__Work task__
Return the following from the records below: each line, word for word, starting with the line that contains "solid_rune c (d ∷ t) = refl" and going on through the line that contains "is_empty-solid [] h = refl", with nothing outside that range.
Entries supplied START
-- ===== src/Speech/Segment.antt =====
-- What nextPlannedSpeechSegment of internal/voice/speech_planner.go keeps of a text: every rune
-- that is no blank, in its order.
use agent_server.Prelude.{
  ℕ, zero, suc, ◌-◌, ◌∙◌, ◌≤◌, ◌≤ℤ◌, ◌<◌, ◌≡◌, ◌⊎◌, inl, inr, refl, sym, ap, Bool, true, false,
  if-cases, [], ◌∷◌, ◌++◌, length, is_empty, ◌&&◌, ℤ, pos, pos_part, leb_ℤ, ltb_ℤ, if◌then◌else◌,
  arith, take, drop, take-append-drop,
}
use agent_server.Text.{Text, is_space, trim_left, trim_right, trim_space}
use agent_server.Text.Trim.{
  IsTrimmed, trim_space-IsTrimmed, IsTrimmed-head, EndsSolid-drop, EndsSolid-IsTrimmed,
  IsTrimmed-EndsSolid, trim_left-length, IsTrimmed-nil, trim_space-nil,
}
use agent_server.Speech.Cut.{
  boundary-IsCut, normalize-IsNormal, IsNormal, live_boundary, normalize_normal,
}
use agent_server.Speech.Boundary.{
  SpeechPlannerConfig, normalize_speech_planner_config, planned_speech_boundary,
  next_planned_speech_segment,
}

-- The runes of a text that are no blanks.
abbrev pub solid : Text → Text
solid [] = []
solid (c ∷ s) = if is_space c then solid s else c ∷ solid s

pub solid-append : (s t : Text) → solid (s ++ t) ≡ solid s ++ solid t
solid-append [] t = refl
solid-append (c ∷ s) t = ground (arith, solid-append s t)

pub solid-trim_left : (s : Text) → solid (trim_left is_space s) ≡ solid s
unfolding trim_left
solid-trim_left [] = refl
solid-trim_left (c ∷ s) = ground (arith, solid-trim_left s)

-- A rune before a rest that is trimmed.
solid_rune :
    (c : ℕ) (t : Text)
    → solid (if is_empty t && is_space c then [] else c ∷ t)
      ≡ (if is_space c then solid t else c ∷ solid t)
solid_rune c [] = ground arith
solid_rune c (d ∷ t) = refl

pub solid-trim_right : (s : Text) → solid (trim_right is_space s) ≡ solid s
unfolding trim_right
solid-trim_right [] = refl
solid-trim_right (c ∷ s) = rw (solid_rune c (trim_right is_space s)) (rw (solid-trim_right s) refl)

pub solid-trim_space : (s : Text) → solid (trim_space s) ≡ solid s
unfolding trim_space
solid-trim_space s = rw (solid-trim_right (trim_left is_space s)) (solid-trim_left s)

is_empty-solid : (s : Text) → IsTrimmed s → is_empty s ≡ is_empty (solid s)
is_empty-solid [] h = refl
is_empty-solid (c ∷ s) h = rw (IsTrimmed-head c s h) refl

-- A text is blank if it has no solid rune.
pub is_empty-trim_space : (s : Text) → is_empty (trim_space s) ≡ is_empty (solid s)
is_empty-trim_space s =
    is_empty-solid (trim_space s) (trim_space-IsTrimmed s) ∙ ap is_empty (solid-trim_space s)

pub blank_solid : (s : Text) → is_empty (trim_space s) ≡ true → solid s ≡ []
blank_solid s h = nothing (solid s) (sym (is_empty-trim_space s) ∙ h)
  where
    nothing : (t : Text) → is_empty t ≡ true → t ≡ []
    nothing [] e = refl
    nothing (c ∷ t) e = cc

-- What begins a trimmed text is not blank.
take_nonblank :
    (n : ℕ) (s : Text)
    → IsTrimmed s
    → 0 < n
    → is_empty s ≡ false
    → is_empty (trim_space (take n s)) ≡ false
take_nonblank zero s t h k = absurd (omega arith)
take_nonblank (suc n) [] t h k = cc
take_nonblank (suc n) (c ∷ s) t h k =
    is_empty-trim_space (c ∷ take n s) ∙ rw (IsTrimmed-head c s t) refl

pub length-drop : (n : ℕ) (s : Text) → length (drop n s) ≤ length s - n
length-drop zero s = omega arith
length-drop (suc n) [] = omega arith
length-drop (suc n) (c ∷ s) = omega (arith, length-drop n s)

-- What a segment and its rest are: no solid rune is lost, and a segment that is not blank is taken
-- off the trimmed text, whose rest stays trimmed.
pub record Splits (runes : Text) (segment rest : Text) : Type 0 where
  pub kept : solid segment ++ solid rest ≡ solid runes
  pub trimmed : IsTrimmed rest
  pub shorter : (is_empty (trim_space segment) ≡ true) ⊎ (length rest < length runes)

cut_runes :
    (runes : Text) (at : ℕ)
    → IsTrimmed runes
    → is_empty runes ≡ false
    → 0 < at
    → Splits runes (trim_space (take at runes)) (trim_left is_space (drop at runes))
cut_runes runes at t k h = record {
  kept =
      rw (solid-trim_space (take at runes), solid-trim_left (drop at runes))
        (sym (solid-append (take at runes) (drop at runes)) ∙ ap solid (take-append-drop at runes));
  trimmed =
      EndsSolid-IsTrimmed (drop at runes) (EndsSolid-drop at runes (IsTrimmed-EndsSolid runes t));
  shorter = inr (shorter runes k);
}
  where
    shorter : (s : Text) → is_empty s ≡ false → length (trim_left is_space (drop at s)) < length s
    shorter [] e = cc
    shorter (c ∷ s) e =
        omega (arith, trim_left-length is_space (drop at (c ∷ s)), length-drop at (c ∷ s))

Splits-none : (runes : Text) → is_empty runes ≡ true → Splits runes [] []
Splits-none [] e = record {
  kept = refl;
  trimmed = IsTrimmed-nil;
  shorter = inl (rw trim_space-nil refl);
}
Splits-none (c ∷ s) e = cc

Splits-wait : (runes : Text) → IsTrimmed runes → Splits runes [] runes
Splits-wait runes t = record { kept = refl; trimmed = t; shorter = inl (rw trim_space-nil refl) }

-- A cut that is not 0 takes a rune, also where it is brought back into the text.
at_least_one :
    (cut : ℤ) (runes : Text)
    → is_empty runes ≡ false
    → leb_ℤ cut (pos 0) ≡ false
    → 0 < (if ltb_ℤ (pos (length runes)) cut then length runes else pos_part cut)
at_least_one cut [] k c = cc
at_least_one cut (r ∷ runes) k c = ground arith

positive : (cut : ℤ) → pos 1 ≤ℤ cut → leb_ℤ cut (pos 0) ≡ false
positive cut h = ground arith

nonempty : (s : Text) → is_empty s ≡ false → 0 < length s
nonempty [] e = cc
nonempty (c ∷ s) e = omega arith

pub segment-Splits :
    (cfg : SpeechPlannerConfig) (flush : Bool) (text : Text)
    → let next = next_planned_speech_segment cfg flush text in
      Splits (trim_space text) next.0 next.1
unfolding next_planned_speech_segment
segment-Splits cfg flush text =
    let runes = trim_space text in
    let cut = planned_speech_boundary (normalize_speech_planner_config cfg) flush runes in
    let at = if ltb_ℤ (pos (length runes)) cut then length runes else pos_part cut in
    if-cases {A = Text × Text} (λ r. Splits runes r.0 r.1) (is_empty runes) ([], [])
      (if leb_ℤ cut (pos 0)
        then ([], runes)
        else (trim_space (take at runes), trim_left is_space (drop at runes)))
      (Splits-none runes)
      (λ k.
        if-cases {A = Text × Text} (λ r. Splits runes r.0 r.1) (leb_ℤ cut (pos 0)) ([], runes)
          (trim_space (take at runes), trim_left is_space (drop at runes))
          (λ _. Splits-wait runes (trim_space-IsTrimmed text))
          (λ c. cut_runes runes at (trim_space-IsTrimmed text) k (at_least_one cut runes k c)))

-- Where there is a cut, there is a segment.
cut_segment :
    (cfg : SpeechPlannerConfig) (flush : Bool) (text : Text)
    → is_empty (trim_space text) ≡ false
    → pos 1 ≤ℤ planned_speech_boundary (normalize_speech_planner_config cfg) flush (trim_space text)
    → is_empty (trim_space (next_planned_speech_segment cfg flush text).0) ≡ false
unfolding next_planned_speech_segment
cut_segment cfg flush text k found =
    let runes = trim_space text in
    let cut = planned_speech_boundary (normalize_speech_planner_config cfg) flush runes in
    let at = if ltb_ℤ (pos (length runes)) cut then length runes else pos_part cut in
    let taken = positive cut found in
    rw (k, taken)
      (rw (trim_space-IsTrimmed (take at runes))
        (take_nonblank at runes (trim_space-IsTrimmed text) (at_least_one cut runes k taken) k))

-- With a flush a segment is taken, whatever the settings are.
pub flushed_segment :
    (cfg : SpeechPlannerConfig) (text : Text)
    → is_empty (trim_space text) ≡ false
    → is_empty (trim_space (next_planned_speech_segment cfg true text).0) ≡ false
flushed_segment cfg text k =
    let normal = normalize_speech_planner_config cfg in
    cut_segment cfg true text k (
      (boundary-IsCut normal true (trim_space text) (normalize-IsNormal cfg)
          (nonempty (trim_space text) k)).2
        refl)

-- Without one, a segment is taken off a text as long as the target.
pub prompt_segment :
    (cfg : SpeechPlannerConfig) (text : Text)
    → IsNormal cfg
    → cfg.target_chunk_runes ≤ℤ pos 4611686018427387904
    → is_empty (trim_space text) ≡ false
    → cfg.target_chunk_runes ≤ℤ pos (length (trim_space text))
    → is_empty (trim_space (next_planned_speech_segment cfg false text).0) ≡ false
prompt_segment cfg text normal small k long =
    cut_segment cfg false text k
      (rw (normalize_normal cfg normal) (live_boundary cfg (trim_space text) normal small long k))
Entries supplied END
__Output below__
solid_rune c (d ∷ t) = refl

pub solid-trim_right : (s : Text) → solid (trim_right is_space s) ≡ solid s
unfolding trim_right
solid-trim_right [] = refl
solid-trim_right (c ∷ s) = rw (solid_rune c (trim_right is_space s)) (rw (solid-trim_right s) refl)

pub solid-trim_space : (s : Text) → solid (trim_space s) ≡ solid s
unfolding trim_space
solid-trim_space s = rw (solid-trim_right (trim_left is_space s)) (solid-trim_left s)

is_empty-solid : (s : Text) → IsTrimmed s → is_empty s ≡ is_empty (solid s)
is_empty-solid [] h = refl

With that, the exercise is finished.